**Exercise directions**.
Look through the records that follow. Copy every line containing the word "which".

─── Records for the task

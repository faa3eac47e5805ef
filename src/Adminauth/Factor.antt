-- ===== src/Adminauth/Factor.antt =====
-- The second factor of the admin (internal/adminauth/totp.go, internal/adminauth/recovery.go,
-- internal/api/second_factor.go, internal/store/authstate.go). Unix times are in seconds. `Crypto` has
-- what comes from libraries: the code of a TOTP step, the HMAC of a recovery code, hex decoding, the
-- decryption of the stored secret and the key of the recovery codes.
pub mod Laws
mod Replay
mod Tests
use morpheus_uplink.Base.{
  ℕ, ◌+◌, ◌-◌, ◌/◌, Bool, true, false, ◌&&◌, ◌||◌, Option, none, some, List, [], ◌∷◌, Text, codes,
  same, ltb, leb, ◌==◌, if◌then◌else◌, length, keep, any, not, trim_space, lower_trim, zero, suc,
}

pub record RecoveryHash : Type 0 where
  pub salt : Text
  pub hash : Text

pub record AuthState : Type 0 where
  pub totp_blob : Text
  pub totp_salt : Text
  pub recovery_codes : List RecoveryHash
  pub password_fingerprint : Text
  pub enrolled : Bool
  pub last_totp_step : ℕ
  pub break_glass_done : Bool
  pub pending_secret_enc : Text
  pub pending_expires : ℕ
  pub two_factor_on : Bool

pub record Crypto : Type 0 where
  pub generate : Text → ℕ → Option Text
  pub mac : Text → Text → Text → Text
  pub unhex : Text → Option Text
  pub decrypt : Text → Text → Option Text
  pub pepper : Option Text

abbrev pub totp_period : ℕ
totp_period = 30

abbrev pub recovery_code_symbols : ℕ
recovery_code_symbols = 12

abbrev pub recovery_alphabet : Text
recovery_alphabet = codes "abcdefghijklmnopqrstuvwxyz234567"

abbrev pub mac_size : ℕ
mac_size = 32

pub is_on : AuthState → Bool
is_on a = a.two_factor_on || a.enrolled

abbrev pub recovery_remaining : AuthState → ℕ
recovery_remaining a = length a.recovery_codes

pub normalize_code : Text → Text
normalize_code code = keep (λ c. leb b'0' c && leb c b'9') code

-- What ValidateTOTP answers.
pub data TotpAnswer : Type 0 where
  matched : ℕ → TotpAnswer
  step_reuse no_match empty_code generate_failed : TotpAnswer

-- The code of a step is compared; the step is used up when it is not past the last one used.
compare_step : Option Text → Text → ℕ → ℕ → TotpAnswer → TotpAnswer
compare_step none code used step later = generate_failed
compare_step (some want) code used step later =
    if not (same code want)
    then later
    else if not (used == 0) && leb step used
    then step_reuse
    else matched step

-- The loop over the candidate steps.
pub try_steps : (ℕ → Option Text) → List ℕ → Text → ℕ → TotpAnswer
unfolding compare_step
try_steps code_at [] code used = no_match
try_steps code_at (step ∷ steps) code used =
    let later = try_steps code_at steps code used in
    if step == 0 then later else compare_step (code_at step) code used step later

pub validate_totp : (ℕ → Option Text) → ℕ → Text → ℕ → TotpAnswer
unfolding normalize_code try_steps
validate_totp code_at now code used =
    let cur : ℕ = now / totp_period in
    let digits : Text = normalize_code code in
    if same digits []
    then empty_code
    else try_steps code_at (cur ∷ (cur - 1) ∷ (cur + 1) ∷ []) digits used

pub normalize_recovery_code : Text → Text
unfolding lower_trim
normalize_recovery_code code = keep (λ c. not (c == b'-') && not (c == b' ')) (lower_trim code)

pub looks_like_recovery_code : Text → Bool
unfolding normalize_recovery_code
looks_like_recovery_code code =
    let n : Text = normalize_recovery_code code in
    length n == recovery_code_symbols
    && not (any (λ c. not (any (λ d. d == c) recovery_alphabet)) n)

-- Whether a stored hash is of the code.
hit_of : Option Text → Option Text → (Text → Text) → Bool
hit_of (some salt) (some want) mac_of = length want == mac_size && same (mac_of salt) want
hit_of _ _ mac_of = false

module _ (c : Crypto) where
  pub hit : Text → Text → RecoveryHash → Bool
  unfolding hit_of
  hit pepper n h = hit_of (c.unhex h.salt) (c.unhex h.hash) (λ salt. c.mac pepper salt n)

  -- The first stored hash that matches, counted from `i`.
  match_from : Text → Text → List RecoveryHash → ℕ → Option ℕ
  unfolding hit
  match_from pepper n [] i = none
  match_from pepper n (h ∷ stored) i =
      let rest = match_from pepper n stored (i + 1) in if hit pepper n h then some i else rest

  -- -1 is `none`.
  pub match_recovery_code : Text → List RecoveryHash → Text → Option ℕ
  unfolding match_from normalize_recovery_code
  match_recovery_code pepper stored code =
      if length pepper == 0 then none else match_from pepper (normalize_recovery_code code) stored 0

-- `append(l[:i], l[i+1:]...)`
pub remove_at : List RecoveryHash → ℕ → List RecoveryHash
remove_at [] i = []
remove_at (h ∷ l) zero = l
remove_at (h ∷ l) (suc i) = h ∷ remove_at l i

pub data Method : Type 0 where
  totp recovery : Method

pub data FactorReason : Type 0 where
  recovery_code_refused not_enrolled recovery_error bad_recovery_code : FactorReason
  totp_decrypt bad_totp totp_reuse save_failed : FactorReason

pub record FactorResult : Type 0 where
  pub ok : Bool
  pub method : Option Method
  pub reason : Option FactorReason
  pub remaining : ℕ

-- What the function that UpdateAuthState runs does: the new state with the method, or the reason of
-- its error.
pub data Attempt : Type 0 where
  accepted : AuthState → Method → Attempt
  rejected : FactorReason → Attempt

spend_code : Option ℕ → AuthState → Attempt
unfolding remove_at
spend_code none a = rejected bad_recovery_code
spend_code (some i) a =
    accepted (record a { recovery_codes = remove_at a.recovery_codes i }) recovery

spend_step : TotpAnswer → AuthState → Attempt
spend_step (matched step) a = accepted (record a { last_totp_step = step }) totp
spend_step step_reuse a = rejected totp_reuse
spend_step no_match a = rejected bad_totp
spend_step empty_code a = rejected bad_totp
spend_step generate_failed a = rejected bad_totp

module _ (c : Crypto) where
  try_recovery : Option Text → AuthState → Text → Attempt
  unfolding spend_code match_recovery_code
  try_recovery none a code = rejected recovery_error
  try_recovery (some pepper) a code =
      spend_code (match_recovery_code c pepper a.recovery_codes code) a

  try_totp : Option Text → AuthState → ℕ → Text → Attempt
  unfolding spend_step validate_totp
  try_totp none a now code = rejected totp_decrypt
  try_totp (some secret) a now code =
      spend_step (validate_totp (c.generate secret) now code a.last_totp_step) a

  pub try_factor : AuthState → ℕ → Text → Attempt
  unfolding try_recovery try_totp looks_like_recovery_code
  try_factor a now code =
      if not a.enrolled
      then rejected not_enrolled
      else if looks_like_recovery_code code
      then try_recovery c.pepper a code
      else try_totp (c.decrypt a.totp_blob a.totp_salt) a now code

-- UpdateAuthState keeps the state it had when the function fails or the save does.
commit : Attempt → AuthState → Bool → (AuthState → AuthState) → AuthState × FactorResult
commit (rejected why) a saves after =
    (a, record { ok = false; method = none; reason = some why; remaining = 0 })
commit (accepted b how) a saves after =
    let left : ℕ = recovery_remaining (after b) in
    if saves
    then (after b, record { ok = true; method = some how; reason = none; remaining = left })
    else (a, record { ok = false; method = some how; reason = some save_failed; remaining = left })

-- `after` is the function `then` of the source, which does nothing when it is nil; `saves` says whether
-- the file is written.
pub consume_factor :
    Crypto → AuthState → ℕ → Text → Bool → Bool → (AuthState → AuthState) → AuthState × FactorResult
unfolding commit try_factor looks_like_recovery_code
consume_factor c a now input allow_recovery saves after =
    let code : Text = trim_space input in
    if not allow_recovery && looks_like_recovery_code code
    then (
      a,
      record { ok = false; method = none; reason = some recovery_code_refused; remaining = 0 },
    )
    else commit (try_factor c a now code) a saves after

──────
─── Records for the task

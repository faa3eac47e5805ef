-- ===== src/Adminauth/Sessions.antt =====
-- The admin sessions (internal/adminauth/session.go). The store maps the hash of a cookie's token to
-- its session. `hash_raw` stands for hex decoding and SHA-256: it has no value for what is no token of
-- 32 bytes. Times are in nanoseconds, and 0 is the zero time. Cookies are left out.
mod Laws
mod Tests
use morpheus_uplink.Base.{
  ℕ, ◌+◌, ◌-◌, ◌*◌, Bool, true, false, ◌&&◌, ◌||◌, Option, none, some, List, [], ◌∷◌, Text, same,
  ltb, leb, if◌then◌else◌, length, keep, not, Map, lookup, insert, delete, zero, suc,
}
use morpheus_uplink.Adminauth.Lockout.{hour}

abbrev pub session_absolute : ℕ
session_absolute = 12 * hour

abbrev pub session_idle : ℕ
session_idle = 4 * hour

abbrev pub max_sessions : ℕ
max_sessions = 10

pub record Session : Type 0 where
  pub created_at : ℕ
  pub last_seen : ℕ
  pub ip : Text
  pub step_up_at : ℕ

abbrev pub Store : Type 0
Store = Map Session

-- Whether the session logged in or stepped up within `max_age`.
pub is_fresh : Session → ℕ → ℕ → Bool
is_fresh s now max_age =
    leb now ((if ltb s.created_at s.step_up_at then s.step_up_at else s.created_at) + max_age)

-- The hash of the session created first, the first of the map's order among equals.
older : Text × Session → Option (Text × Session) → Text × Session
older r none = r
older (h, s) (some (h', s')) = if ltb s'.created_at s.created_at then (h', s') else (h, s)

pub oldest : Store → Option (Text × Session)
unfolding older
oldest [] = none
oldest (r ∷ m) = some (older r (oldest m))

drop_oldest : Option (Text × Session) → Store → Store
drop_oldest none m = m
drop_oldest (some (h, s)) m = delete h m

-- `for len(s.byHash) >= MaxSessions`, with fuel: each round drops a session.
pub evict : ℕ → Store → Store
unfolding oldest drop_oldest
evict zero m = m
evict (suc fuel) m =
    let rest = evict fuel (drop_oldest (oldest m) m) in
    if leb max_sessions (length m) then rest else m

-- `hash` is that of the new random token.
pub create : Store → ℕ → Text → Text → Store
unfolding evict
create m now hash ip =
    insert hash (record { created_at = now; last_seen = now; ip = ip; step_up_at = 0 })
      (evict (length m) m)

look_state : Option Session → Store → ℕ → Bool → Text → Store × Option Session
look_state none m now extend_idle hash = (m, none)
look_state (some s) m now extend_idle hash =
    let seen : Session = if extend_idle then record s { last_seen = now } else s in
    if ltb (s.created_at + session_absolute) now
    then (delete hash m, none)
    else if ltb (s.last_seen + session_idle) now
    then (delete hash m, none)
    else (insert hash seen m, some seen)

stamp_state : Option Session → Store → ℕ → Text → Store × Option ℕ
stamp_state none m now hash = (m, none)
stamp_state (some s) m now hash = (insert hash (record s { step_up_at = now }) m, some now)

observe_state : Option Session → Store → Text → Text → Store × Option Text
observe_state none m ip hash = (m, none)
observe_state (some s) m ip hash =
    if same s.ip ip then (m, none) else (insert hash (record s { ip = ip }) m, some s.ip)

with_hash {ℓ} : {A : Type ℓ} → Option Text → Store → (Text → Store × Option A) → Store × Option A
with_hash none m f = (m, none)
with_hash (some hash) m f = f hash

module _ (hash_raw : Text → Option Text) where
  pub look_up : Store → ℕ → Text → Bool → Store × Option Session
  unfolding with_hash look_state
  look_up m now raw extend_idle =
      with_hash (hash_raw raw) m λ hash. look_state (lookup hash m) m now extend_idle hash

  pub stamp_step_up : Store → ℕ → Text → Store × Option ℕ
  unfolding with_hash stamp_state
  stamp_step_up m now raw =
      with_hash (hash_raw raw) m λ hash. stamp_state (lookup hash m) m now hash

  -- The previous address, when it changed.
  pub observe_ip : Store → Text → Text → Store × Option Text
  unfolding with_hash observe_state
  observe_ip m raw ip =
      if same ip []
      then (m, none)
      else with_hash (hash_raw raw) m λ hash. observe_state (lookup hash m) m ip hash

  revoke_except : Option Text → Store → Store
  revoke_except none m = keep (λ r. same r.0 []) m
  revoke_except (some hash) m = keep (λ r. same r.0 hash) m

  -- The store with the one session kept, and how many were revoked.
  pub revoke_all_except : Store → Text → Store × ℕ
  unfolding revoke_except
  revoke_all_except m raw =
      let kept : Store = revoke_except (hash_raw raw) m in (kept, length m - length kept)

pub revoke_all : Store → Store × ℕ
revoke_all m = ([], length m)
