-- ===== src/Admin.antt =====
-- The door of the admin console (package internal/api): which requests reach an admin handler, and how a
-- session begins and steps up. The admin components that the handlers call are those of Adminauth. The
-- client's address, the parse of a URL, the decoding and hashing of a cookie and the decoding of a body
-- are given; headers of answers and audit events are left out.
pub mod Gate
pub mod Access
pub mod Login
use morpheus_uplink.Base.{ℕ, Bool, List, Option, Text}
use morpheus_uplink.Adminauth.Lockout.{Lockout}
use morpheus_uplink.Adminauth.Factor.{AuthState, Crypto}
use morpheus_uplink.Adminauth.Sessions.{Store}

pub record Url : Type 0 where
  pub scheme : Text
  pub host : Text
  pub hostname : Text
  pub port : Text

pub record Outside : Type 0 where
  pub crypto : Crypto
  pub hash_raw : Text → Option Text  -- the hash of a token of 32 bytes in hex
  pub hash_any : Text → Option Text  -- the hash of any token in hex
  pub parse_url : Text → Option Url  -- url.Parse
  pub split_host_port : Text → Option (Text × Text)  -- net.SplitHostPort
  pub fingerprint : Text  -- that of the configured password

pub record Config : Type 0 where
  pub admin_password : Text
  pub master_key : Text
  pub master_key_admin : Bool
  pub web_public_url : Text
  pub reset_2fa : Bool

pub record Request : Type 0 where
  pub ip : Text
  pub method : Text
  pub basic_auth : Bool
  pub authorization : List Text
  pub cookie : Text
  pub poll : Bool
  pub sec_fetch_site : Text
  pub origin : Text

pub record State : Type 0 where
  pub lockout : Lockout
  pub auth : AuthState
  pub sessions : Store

──────
─── Records for the task

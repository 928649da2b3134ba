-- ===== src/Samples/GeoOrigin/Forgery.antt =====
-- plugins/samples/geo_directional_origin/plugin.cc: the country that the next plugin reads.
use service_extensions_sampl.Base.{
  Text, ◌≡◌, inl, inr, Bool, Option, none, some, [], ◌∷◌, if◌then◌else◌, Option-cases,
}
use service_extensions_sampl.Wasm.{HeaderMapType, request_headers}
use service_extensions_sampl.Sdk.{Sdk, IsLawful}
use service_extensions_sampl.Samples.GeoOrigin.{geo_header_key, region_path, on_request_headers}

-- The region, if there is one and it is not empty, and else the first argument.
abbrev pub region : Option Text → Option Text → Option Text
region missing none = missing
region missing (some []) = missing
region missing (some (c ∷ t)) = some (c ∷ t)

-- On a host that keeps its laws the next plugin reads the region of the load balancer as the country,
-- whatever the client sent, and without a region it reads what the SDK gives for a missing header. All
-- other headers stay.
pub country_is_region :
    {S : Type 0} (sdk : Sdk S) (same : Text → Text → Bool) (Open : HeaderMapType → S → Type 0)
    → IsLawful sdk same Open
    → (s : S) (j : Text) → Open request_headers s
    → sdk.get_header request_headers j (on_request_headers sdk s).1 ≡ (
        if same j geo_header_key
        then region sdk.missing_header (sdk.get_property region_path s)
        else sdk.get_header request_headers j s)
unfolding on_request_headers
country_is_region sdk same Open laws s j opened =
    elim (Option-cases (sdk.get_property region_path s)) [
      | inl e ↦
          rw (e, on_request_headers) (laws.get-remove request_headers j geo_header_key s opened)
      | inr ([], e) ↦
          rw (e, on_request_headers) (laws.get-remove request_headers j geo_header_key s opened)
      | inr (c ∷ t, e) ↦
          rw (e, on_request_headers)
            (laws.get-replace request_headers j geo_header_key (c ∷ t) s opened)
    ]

──────

**Task response**.
-- `after` is the function `then` of the source, which does nothing when it is nil; `saves` says whether
-- The door of the admin console (package internal/api): which requests reach an admin handler, and how a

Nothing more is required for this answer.